Sayın Genel Başkanım, operasyonu yürüten jandarma yüz başı demiş ki tüm evrakların savcılığa teslim ettik, Çayırova ilçe Başkan Yardımcısı şuan cezaevinde, Fatih Aydın içinde yakalama çıkarıldı mecburen konu dillendiği için, beni arayan olursa eğer ben tüm detaylan anlatırım demiş efendim”

Bu olayların hepsinin ekran görüntüleri dosyada mevcut.

Tüm bunlardı işte bana bu dava ülkenin ikinci Susurluk’u olabilir mi dedirten. Bekleyeceğiz. O ayrılan 17 kişilik dosyada ne olup biteceğini bekleyeceği.

SUÇLULAR ARAMIZDAYDI
Gelelim bir diğer meseleye.

Geçtiğimiz günlerde polis memuru Şeyda Yılmaz, 26 suç kaydı olan bir katil tarafından şehit edilmişti. O olayı anlatan yazımı şöyle bitirmiştim:

“Suçlular sokaklarda geziyor. Her gün birimizle temas ediyorlar. Otobüste, parkta, trende, metroda yanımızda oturuyor. Biz fark etmiyoruz. Ama dışardalar, aramızdalar”
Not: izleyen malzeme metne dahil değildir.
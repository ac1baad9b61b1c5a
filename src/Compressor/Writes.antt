-- ===== src/Compressor/Writes.antt =====
-- What writes to a pooled buffer leave in it, and in every other array.
use mathlib.Core.List.{append_assoc, append-nil}
use go_reverse_rpc.Base.{
  ℕ, ◌+◌, ◌≤◌, ◌<◌, ◌≡◌, ◌≢◌, refl, sym, ap, ◌∙◌, ◌⊎◌, inl, inr, Bool-cases, List, [], ◌∷◌, ◌++◌,
  Bytes, arith, leb, ℕ_eq, take, drop, length, replicate, length-append, length-take_of_le,
  take-append_length, All,
}
use go_reverse_rpc.Compressor.Buffers.{
  Buffer, Manager, update, overwrite, write, write_in_place, write_moved, write_all,
}

abbrev pub joined : List Bytes → Bytes
joined [] = []
joined (chunk ∷ chunks) = chunk ++ joined chunks

-- The pool's buffers lie in allocated arrays.
abbrev pub IsValid : Manager → Type 0
IsValid st = All (λ buf. buf.array < st.next) st.buffer_pool

pub record InUse (buf : Buffer) (st : Manager) : Type 0 where
  pub allocated : buf.array < st.next
  pub fits : buf.len ≤ length (st.arrays buf.array)

abbrev pub content : Buffer → Manager → Bytes
content buf st = take buf.len (st.arrays buf.array)

take-overwrite :
    (n : ℕ) (chunk old rest : Bytes)
    → n ≤ length old
    → take (n + length chunk) (take n old ++ (chunk ++ rest)) ≡ take n old ++ chunk
take-overwrite n chunk old rest h = rw (← append_assoc (take n old) chunk rest) (
    ap (λ k. take k ((take n old ++ chunk) ++ rest))
      (omega (arith, length-append (take n old) chunk, length-take_of_le n old h))
    ∙ take-append_length (take n old ++ chunk) rest)

length-overwrite :
    (n : ℕ) (chunk old rest : Bytes)
    → n ≤ length old
    → n + length chunk ≤ length (take n old ++ (chunk ++ rest))
length-overwrite n chunk old rest h = omega (
  arith,
  length-append (take n old) (chunk ++ rest),
  length-append chunk rest,
  length-take_of_le n old h,
)

pub update_self : (arrays : ℕ → Bytes) (a : ℕ) (c : Bytes) → update arrays a c a ≡ c
unfolding update
update_self arrays a c = ground arith

update_ne : (arrays : ℕ → Bytes) (a b : ℕ) (c : Bytes) → a ≢ b → update arrays a c b ≡ arrays b
unfolding update
update_ne arrays a b c h = ground arith

-- A write appends to the content, and touches no array but the buffer's and new ones.
pub record Written (buf : Buffer) (st : Manager) (more : Bytes) (buf' : Buffer) (st' : Manager)
    : Type 0 where
  pub in_use : InUse buf' st'
  pub appended : content buf' st' ≡ content buf st ++ more
  pub grows : st.next ≤ st'.next
  pub same_pool : st'.buffer_pool ≡ st.buffer_pool
  pub others : (a : ℕ) → a < st.next → a ≢ buf.array → st'.arrays a ≡ st.arrays a
  pub own : (buf'.array ≡ buf.array) ⊎ (st.next ≤ buf'.array)

write_in_place-Written :
    (chunk : Bytes) (buf : Buffer) (st : Manager)
    → InUse buf st
    → buf.len + length chunk ≤ length (st.arrays buf.array)
    → let out = write_in_place chunk buf st in Written buf st chunk out.0 out.1
unfolding write_in_place
write_in_place-Written chunk buf st u room =
    let old = st.arrays buf.array in
    let rest = drop (buf.len + length chunk) old in
    let now = update_self st.arrays buf.array (overwrite buf.len chunk old) in
    record {
      in_use = record {
        allocated = u.allocated;
        fits = rw now (length-overwrite buf.len chunk old rest u.fits);
      };
      appended = rw now (take-overwrite buf.len chunk old rest u.fits);
      grows = omega arith;
      same_pool = refl;
      others = λ a l n. update_ne st.arrays buf.array a _ (λ e. n (sym e));
      own = inl refl;
    }

write_moved-Written :
    (spare : ℕ) (chunk : Bytes) (buf : Buffer) (st : Manager)
    → InUse buf st
    → let out = write_moved spare chunk buf st in Written buf st chunk out.0 out.1
unfolding write_moved
write_moved-Written spare chunk buf st u =
    let old = st.arrays buf.array in
    let rest : Bytes = replicate spare 0 in
    let now = update_self st.arrays st.next (take buf.len old ++ (chunk ++ rest)) in
    record {
      in_use = record {
        allocated = omega arith;
        fits = rw now (length-overwrite buf.len chunk old rest u.fits);
      };
      appended = rw now (take-overwrite buf.len chunk old rest u.fits);
      grows = omega arith;
      same_pool = refl;
      others = λ a l n. update_ne st.arrays st.next a _ (omega arith);
      own = inr (omega arith);
    }

pub write-Written :
    (spare : ℕ) (chunk : Bytes) (buf : Buffer) (st : Manager)
    → InUse buf st
    → let out = write spare chunk buf st in Written buf st chunk out.0 out.1
unfolding write
write-Written spare chunk buf st u =
    elim (Bool-cases (leb (buf.len + length chunk) (length (st.arrays buf.array)))) [
      | inl e ↦ rw e (write_in_place-Written chunk buf st u (ground arith))
      | inr e ↦ rw e (write_moved-Written spare chunk buf st u)
    ]

Written-nil : (buf : Buffer) (st : Manager) → InUse buf st → Written buf st [] buf st
Written-nil buf st u = record {
  in_use = u;
  appended = sym (append-nil (content buf st));
  grows = omega arith;
  same_pool = refl;
  others = λ a l n. refl;
  own = inl refl;
}

pub Written-append :
    (buf buf' buf'' : Buffer) (st st' st'' : Manager) (c d : Bytes)
    → Written buf st c buf' st'
    → Written buf' st' d buf'' st''
    → Written buf st (c ++ d) buf'' st''
Written-append buf buf' buf'' st st' st'' c d v w = record {
  in_use = w.in_use;
  appended = w.appended ∙ (rw v.appended (append_assoc (content buf st) c d));
  grows = omega arith;
  same_pool = w.same_pool ∙ v.same_pool;
  others = λ a l n. w.others a (omega arith) (away a l n) ∙ v.others a l n;
  own = ground arith;
}
  where
    away : (a : ℕ) → a < st.next → a ≢ buf.array → a ≢ buf'.array
    away a l n = omega arith

pub write_all-Written :
    (spare : ℕ) (chunks : List Bytes) (buf : Buffer) (st : Manager)
    → InUse buf st
    → let out = write_all spare chunks buf st in Written buf st (joined chunks) out.0 out.1
unfolding write_all
write_all-Written spare [] buf st u = Written-nil buf st u
write_all-Written spare (chunk ∷ chunks) buf st u =
    let (buf', st') = write spare chunk buf st in
    let first = write-Written spare chunk buf st u in
    Written-append buf buf' _ st st' _ chunk (joined chunks) first
      (write_all-Written spare chunks buf' st' first.in_use)
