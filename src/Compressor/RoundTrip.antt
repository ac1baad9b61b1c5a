-- ===== src/Compressor/RoundTrip.antt =====
-- Compression and decompression with one encoding are inverse, whatever buffers the pool holds.
use go_reverse_rpc.Base.{
  ℕ, ℕ_eq, suc, ◌≤◌, ◌<◌, ◌≡◌, ◌≢◌, refl, sym, subst, ◌⊎◌, inl, inr, none, some, List, [], ◌∷◌,
  ◌++◌, Bytes, arith, All,
}
use go_reverse_rpc.Base.Int.{ℤ_eq}
use go_reverse_rpc.Errors.{ok}
use go_reverse_rpc.Compressor.Buffers.{
  Buffer, Slice, Manager, get_buffer, take_buffer, new_buffer, put_buffer, reset, write_all,
  read_slice, bytes,
}
use go_reverse_rpc.Compressor.Writes.{IsValid, InUse, Written-append, write_all-Written, joined}
use go_reverse_rpc.Compressor.{
  ContentEncoding, content_encoding_gzip, content_encoding_deflate, content_encoding_brotli,
  content_encoding_plain, Algorithm, Algorithms, apart, input_of, compress_with, compress,
  decompress, decompress_with,
}

-- All that the writer of an algorithm sends to its buffer, for content apart from it.
abbrev pub output : Algorithm → Bytes → Bytes
output a c = joined (a.write_chunks (apart c)) ++ joined (a.close_chunks (apart c))

-- The documented contract of a compression package: no error on a buffer in memory, and a reader
-- that gives back what was written.
pub record Lossless (a : Algorithm) : Type 0 where
  pub writes : (c : Bytes) → a.write_error (apart c) ≡ none
  pub closes : (c : Bytes) → a.close_error (apart c) ≡ none
  pub opens : (c : Bytes) → a.open_error (output a c) ≡ none
  pub reads : (c : Bytes) → a.read_all (output a c) ≡ ok c

pub record AllLossless (algorithms : Algorithms) : Type 0 where
  pub gzip : Lossless algorithms.gzip
  pub zlib : Lossless algorithms.zlib
  pub brotli : Lossless algorithms.brotli

pub pool_mono :
    (n m : ℕ) (pool : List Buffer)
    → n ≤ m
    → All (λ buf. buf.array < n) pool
    → All (λ buf. buf.array < m) pool
pool_mono n m [] h v = tt
pool_mono n m (buf ∷ pool) h v = (omega arith, pool_mono n m pool h v.1)

-- A buffer that is ready for writes, beside a valid pool.
pub record Ready (st : Manager) (buf : Buffer) (st' : Manager) : Type 0 where
  pub in_use : InUse buf st'
  pub empty : buf.len ≡ 0
  pub valid : IsValid st'
  pub grows : st.next ≤ st'.next

take_buffer-Ready :
    (pool : List Buffer) (st : Manager)
    → st.buffer_pool ≡ pool
    → All (λ buf. buf.array < st.next) pool
    → let out = take_buffer pool st in Ready st (reset out.0) out.1
unfolding take_buffer new_buffer reset
take_buffer-Ready [] st e v = record {
  in_use = record { allocated = omega arith; fits = omega arith };
  empty = refl;
  valid = subst (All (λ buf. buf.array < suc st.next)) (sym e) tt;
  grows = omega arith;
}
take_buffer-Ready (buf ∷ pool) st e v = record {
  in_use = record { allocated = v.0; fits = omega arith };
  empty = refl;
  valid = v.1;
  grows = omega arith;
}

pub get_buffer-Ready :
    (st : Manager) → IsValid st → let out = get_buffer st in Ready st (reset out.0) out.1
unfolding get_buffer
get_buffer-Ready st v = take_buffer-Ready st.buffer_pool st refl v

-- A compressing call succeeds, its slice holds the writer's output, and the pool stays valid.
pub record Compresses (a : Algorithm) (c : Bytes) (st : Manager) : Type 0 where
  pub slice : Slice
  pub after : Manager
  pub result : compress_with a (apart c) st ≡ (ok (some slice), after)
  pub holds : read_slice slice after ≡ output a c
  pub valid : IsValid after

pub compress_with-Compresses :
    (a : Algorithm) (c : Bytes) (st : Manager) → Lossless a → IsValid st → Compresses a c st
unfolding compress_with bytes read_slice put_buffer
compress_with-Compresses a c st l v =
    let (buf₁, st₁) = get_buffer st in
    let ready = get_buffer-Ready st v in
    let (buf₂, st₂) = write_all a.spare (a.write_chunks (apart c)) (reset buf₁) st₁ in
    let (buf₃, st₃) = write_all a.spare (a.close_chunks (apart c)) buf₂ st₂ in
    let first =
      write_all-Written a.spare (a.write_chunks (apart c)) (reset buf₁) st₁ ready.in_use in
    let second = write_all-Written a.spare (a.close_chunks (apart c)) buf₂ st₂ first.in_use in
    let both =
      Written-append (reset buf₁) buf₂ buf₃ st₁ st₂ st₃ (joined (a.write_chunks (apart c)))
        (joined (a.close_chunks (apart c))) first second in
    let pool₃ : IsValid st₃ =
      rw both.same_pool (pool_mono st₁.next st₃.next st₁.buffer_pool both.grows ready.valid) in
    record {
      slice = bytes buf₃;
      after = put_buffer buf₃ st₃;
      result = ground (arith, l.writes c, l.closes c);
      holds = both.appended;
      valid = (both.in_use.allocated, pool₃);
    }

decompress_with-output :
    (a : Algorithm) (c : Bytes) → Lossless a → decompress_with a (output a c) ≡ ok c
unfolding decompress_with
decompress_with-output a c l = rw (l.opens c, decompress_with) (l.reads c)

abbrev pub IsKnown : ContentEncoding → Type 0
IsKnown tp =
    (tp ≡ content_encoding_gzip)
    ⊎ (tp ≡ content_encoding_deflate)
    ⊎ (tp ≡ content_encoding_brotli)
    ⊎ (tp ≡ content_encoding_plain)

-- A slice of an allocated array that no buffer of the pool lies in.
pub record Apart (slice : Slice) (st : Manager) : Type 0 where
  pub allocated : slice.array < st.next
  pub unshared : All (λ buf. slice.array ≢ buf.array) st.buffer_pool

take_buffer-Apart :
    (pool : List Buffer) (slice : Slice) (st : Manager)
    → slice.array < st.next
    → All (λ buf. slice.array ≢ buf.array) pool
    → slice.array ≢ (take_buffer pool st).0.array
unfolding take_buffer new_buffer
take_buffer-Apart [] slice st h v = omega arith
take_buffer-Apart (buf ∷ pool) slice st h v = v.0

input_of-Apart :
    (slice : Slice) (st : Manager)
    → Apart slice st
    → input_of slice st ≡ apart (read_slice slice st)
unfolding input_of get_buffer
input_of-Apart slice st h =
    ground (arith, take_buffer-Apart st.buffer_pool slice st h.allocated h.unshared)

-- With the four encodings of the package, packages that keep their contract, any pool of buffers in
-- allocated arrays, and a slice apart from them: `Compress` succeeds, the slice that it returns
-- decompresses at once to the content of the slice that it was given, and the pool's buffers are
-- again in allocated arrays.
pub decompress-compress :
    (algorithms : Algorithms) (tp : ContentEncoding) (slice : Slice) (st : Manager)
    → AllLossless algorithms
    → IsKnown tp
    → Apart slice st
    → IsValid st
    → (slice' : Slice) × (st' : Manager) × (compress algorithms tp (some slice) st
        ≡ (ok (some slice'), st'))
      × (decompress algorithms tp (some (read_slice slice' st')) ≡ ok (some (read_slice slice st)))
      × IsValid st'
unfolding compress decompress
decompress-compress algorithms tp slice st l (inl e) h v =
    let c = read_slice slice st in
    let input = input_of-Apart slice st h in
    let out = compress_with-Compresses algorithms.gzip c st l.gzip v in
    let back = decompress_with-output algorithms.gzip c l.gzip in
    (
      out.slice,
      out.after,
      ground (arith, input, out.result),
      ground (arith, out.holds, back),
      out.valid,
    )
decompress-compress algorithms tp slice st l (inr (inl e)) h v =
    let c = read_slice slice st in
    let input = input_of-Apart slice st h in
    let out = compress_with-Compresses algorithms.zlib c st l.zlib v in
    let back = decompress_with-output algorithms.zlib c l.zlib in
    (
      out.slice,
      out.after,
      ground (arith, input, out.result),
      ground (arith, out.holds, back),
      out.valid,
    )
decompress-compress algorithms tp slice st l (inr (inr (inl e))) h v =
    let c = read_slice slice st in
    let input = input_of-Apart slice st h in
    let out = compress_with-Compresses algorithms.brotli c st l.brotli v in
    (
      out.slice,
      out.after,
      ground (arith, input, out.result),
      ground (arith, out.holds, l.brotli.reads c),
      out.valid,
    )
decompress-compress algorithms tp slice st l (inr (inr (inr e))) h v =
    (slice, st, ground arith, ground arith, v)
Bu davada da benzer örnekler yaşadık.

Mesela cinayetteki bir diğer azmettirici Doğukan Çep, 20 suçtan aranması var. Katil Eray Özyağcı, 7 suçtan aranması var. Ama bunlar. -kendi deyimleriyle devam etmek istiyorum- Ankara’nın göbeğinde birine silahlı saldırı düzenleyecek kadar rahatlar. Bu kadar aranmalara rağmen. Üstelik o kadar rahatlar ki ceza alacaklarını bildikleri mahkeme salonunda müştekileri, gazetecileri, siyasileri sesleri titremeden tehdit edebiliyorlar. Daha önce işledikleri suçları tek tek sayabiliyorlar.

Sinan Ateş cinayetinin azmettiricisi olarak yargılanan ve ağırlaştırılmış müebbet alan Doğukan Çep, davının ilk duruşmasında cinayetten önce işlediği suçları mahkeme heyetinin yüzüne baka baka saydı. Ne demişti Çep ilk duruşmada:

“Gezi Parkı olayları sırasında ESP’nin bir derneğine gidip 10 kişi vurduk. Hasan Ferit Gedik’in öldürülmesinde yer aldık.” Davanın hakimi bile ‘Ne anlatıyorsun sen’ diye çıkışmıştı kendisine.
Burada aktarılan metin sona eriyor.